* **Available data**:
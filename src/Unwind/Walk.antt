-- ===== src/Unwind/Walk.antt =====
-- kernel/unwind.c: `apply_reg_rules`, `unwind_next_frame` and the functions that start and drive a walk;
-- kernel/arch/x86/unwind.c and unwind.S.
use ultra.Prelude.{
  ℕ, zero, suc, ◌+◌, ◌*◌, Bool, true, false, not, ◌||◌, Option, none, some, List, [], ◌∷◌, ◌==◌,
  if◌then◌else◌,
}
use ultra.Unwind.Data.{
  Result, ok, error, fault, unfinished, ◌>>=◌, eok, einval, enosys, enodev, u64, Image, UnwindState,
  Unwinder, arch_num_dwarf_registers, dwarf_reg_rip, dwarf_sp_reg, at, load,
}
use ultra.Unwind.Parse.{unwind_get_return_address}
use ultra.Unwind.Table.{prepare_unwind_state}
use ultra.Unwind.Exec.{RegisterRule, dw_cfa_same_value, dw_cfa_offset, dw_cfa_def_cfa, dwarf_exec}

-- `state->frame[state->cfa_reg_idx] + state->cfa_offset`
unfoldable pub canonical_frame_address : UnwindState → Result ℕ
canonical_frame_address state = do
  base ← at state.frame state.cfa_reg_idx
  ok (u64 (base + state.cfa_offset))

-- `DW_CFA_offset`; an offset that was never written is not to be read.
unfoldable pub load_saved : Image → UnwindState → Option ℕ → ℕ → Result ℕ
load_saved k state none cfa = fault
load_saved k state (some offset) cfa =
    load k.memory (u64 (cfa + offset * state.data_alignment_factor)) 8

-- The new value of register `i`.
unfoldable pub apply_rule : Image → UnwindState → ℕ → RegisterRule → Result ℕ
apply_rule k state i r =
    if r.rule == dw_cfa_same_value
    then at state.frame i
    else if r.rule == dw_cfa_offset
    then canonical_frame_address state >>= load_saved k state r.offset
    else if r.rule == dw_cfa_def_cfa
    then canonical_frame_address state
    else error enosys

unfoldable pub apply_loop : Image → UnwindState → ℕ → List RegisterRule → Result (List ℕ)
apply_loop k state i [] = ok []
apply_loop k state i (r ∷ rules) = do
  value ← apply_rule k state i r
  new_frame ← apply_loop k state (i + 1) rules
  ok (value ∷ new_frame)

unfoldable pub apply_reg_rules :
    Image → UnwindState → List RegisterRule → Result (UnwindState × List ℕ)
apply_reg_rules k state rules = do
  new_frame ← apply_loop k state 0 rules
  ok (record state { cfa_reg_idx = dwarf_sp_reg; cfa_offset = 0 }, new_frame)

-- The rules of `unwind_next_frame` for the registers from `i` on.
unfoldable pub initial_rules : ℕ → ℕ → List RegisterRule
initial_rules i zero = []
initial_rules i (suc count) =
    record { rule = if i == dwarf_sp_reg then dw_cfa_def_cfa else dw_cfa_same_value; offset = none }
    ∷ initial_rules (i + 1) count

-- `unwind_next_frame` up to `out_error`
unfoldable pub advance_frame : Image → Unwinder → UnwindState → Result UnwindState
advance_frame k u state = do
  state ← prepare_unwind_state k u state
  let state : UnwindState = record state { signal_frame = false }
  x ← dwarf_exec k (record {
    state = state;
    rules = initial_rules 0 arch_num_dwarf_registers;
    code = state.cie_code;
  })
  let state : UnwindState = record (x.state) { cie_code = x.code }
  x ← dwarf_exec k (record { state = state; rules = x.rules; code = state.fde_code })
  let state : UnwindState = record (x.state) { fde_code = x.code }
  (state, new_frame) ← apply_reg_rules k state x.rules
  let state : UnwindState = record state { frame = new_frame }
  return_address ← unwind_get_return_address state
  ok (record state { end = return_address == 0 })

-- `out_error`: the code that is returned and the state behind it.
unfoldable pub out_error : UnwindState → Result UnwindState → Result (ℕ × UnwindState)
out_error state (ok next) = ok (eok, next)
out_error state (error ret) = ok (ret, record state { end = true })
out_error state fault = fault
out_error state unfinished = unfinished

unfoldable pub unwind_next_frame : Image → Unwinder → UnwindState → Result (ℕ × UnwindState)
unwind_next_frame k u state =
    let advanced = out_error state (advance_frame k u state) in
    if state.end then ok (einval, state) else advanced

unfoldable pub unwind_is_done : UnwindState → Bool
unwind_is_done state = state.end

-- kernel/arch/x86/include/arch/registers.h
pub record Registers : Type 0 where
  pub r15 : ℕ
  pub r14 : ℕ
  pub r13 : ℕ
  pub r12 : ℕ
  pub rbp : ℕ
  pub rbx : ℕ
  pub r11 : ℕ
  pub r10 : ℕ
  pub r9 : ℕ
  pub r8 : ℕ
  pub rax : ℕ
  pub rcx : ℕ
  pub rdx : ℕ
  pub rsi : ℕ
  pub rdi : ℕ
  pub error_code : ℕ
  pub rip : ℕ
  pub cs : ℕ
  pub flags : ℕ
  pub rsp : ℕ
  pub ss : ℕ

-- The frame that is written, by the numbers `DWARF_REG_RAX` to `DWARF_REG_RIP`.
abbrev pub arch_registers_to_dwarf_registers : Registers → List ℕ
arch_registers_to_dwarf_registers regs =
    regs.rax ∷ regs.rdx ∷ regs.rcx ∷ regs.rbx ∷ regs.rsi ∷ regs.rdi ∷ regs.rbp ∷ regs.rsp ∷ regs.r8
    ∷ regs.r9 ∷ regs.r10 ∷ regs.r11 ∷ regs.r12 ∷ regs.r13 ∷ regs.r14 ∷ regs.r15 ∷ regs.rip ∷ []

unfoldable pub zeros : ℕ → List ℕ
zeros zero = []
zeros (suc n) = 0 ∷ zeros n

-- `memzero(state, sizeof(*state))` and `state->ret_reg_idx = ARCH_DWARF_PC_REG`
unfoldable pub initial_state : UnwindState
initial_state = record {
  frame = zeros arch_num_dwarf_registers;
  code_alignment_factor = 0;
  data_alignment_factor = 0;
  cfa_offset = 0;
  pc = 0;
  pc_end = 0;
  ret_reg_idx = dwarf_reg_rip;
  cfa_reg_idx = 0;
  end = false;
  signal_frame = false;
  fde_encoding = 0;
  cie_code = record { cursor = 0; bytes_left = 0 };
  fde_code = record { cursor = 0; bytes_left = 0 };
}

-- The loop of `unwind_current_begin`, which returns at `starting_pc` or at the end. A cycle of frames
-- would keep it running.
unfoldable pub unwind_current_begin :
    Image → Unwinder → ℕ → UnwindState → ℕ → Result (ℕ × UnwindState)
unwind_current_begin k u zero state starting_pc = unfinished
unwind_current_begin k u (suc fuel) state starting_pc = do
  (ret, state) ← unwind_next_frame k u state
  return_address ← unwind_get_return_address state
  let later = unwind_current_begin k u fuel state starting_pc
  if unwind_is_done state || return_address == starting_pc then ok (ret, state) else later

-- kernel/arch/x86/unwind.S: the registers of the processor, with the stack pointer of the caller and
-- the return address that lies below it.
unfoldable pub arch_unwind_current_begin :
    Image → Unwinder → ℕ → Registers → UnwindState → ℕ → Result (ℕ × UnwindState)
arch_unwind_current_begin k u fuel cpu state starting_pc = do
  return_address ← load k.memory cpu.rsp 8
  let regs : Registers = record cpu { rsp = u64 (cpu.rsp + 8); rip = return_address }
  unwind_current_begin k u fuel (record state { frame = arch_registers_to_dwarf_registers regs })
      starting_pc

-- `cpu` is what the processor's registers hold when the walk starts from the running code.
unfoldable pub unwind_begin :
    Image → Unwinder → ℕ → Registers → Option Registers → ℕ → Result (ℕ × UnwindState)
unwind_begin k u fuel cpu none starting_pc =
    let begun = arch_unwind_current_begin k u fuel cpu initial_state starting_pc in
    if u.available then begun else error enodev
unwind_begin k u fuel cpu (some regs) starting_pc =
    if u.available
    then ok (
      eok,
      record initial_state { frame = arch_registers_to_dwarf_registers regs; signal_frame = true },
    )
    else error enodev

module _ {A : Type 0} (k : Image) (u : Unwinder) (callback : A → ℕ → Bool → Bool × A) where
  -- The loop of `unwind_walk`; the callback passes its data on.
  unfoldable pub walk_loop : ℕ → UnwindState → ℕ → A → Result (ℕ × A)
  walk_loop zero state ret user = unfinished
  walk_loop (suc fuel) state ret user = do
    return_address ← unwind_get_return_address state
    let (goes_on, user) = callback user return_address (not state.signal_frame)
    let next = (do
      (ret, state) ← unwind_next_frame k u state
      let later = walk_loop fuel state ret user
      if unwind_is_done state then ok (ret, user) else later)
    if goes_on then next else ok (ret, user)

  -- `return_address` is what `__builtin_return_address(0)` gives. The two loops are on fuel.
  unfoldable pub unwind_walk : ℕ → Registers → Option Registers → ℕ → A → Result (ℕ × A)
  unwind_walk fuel cpu regs return_address user = do
    let starting_pc : ℕ = elim regs [ none ↦ return_address | some _ ↦ 0 ]
    (ret, state) ← unwind_begin k u fuel cpu regs starting_pc
    let walked = walk_loop fuel state ret user
    if ret == eok then walked else error ret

* **Exercise details**: Tallying every line that holds the string "unfinished", report the total for the records and nothing else.

* **Solution below**: 4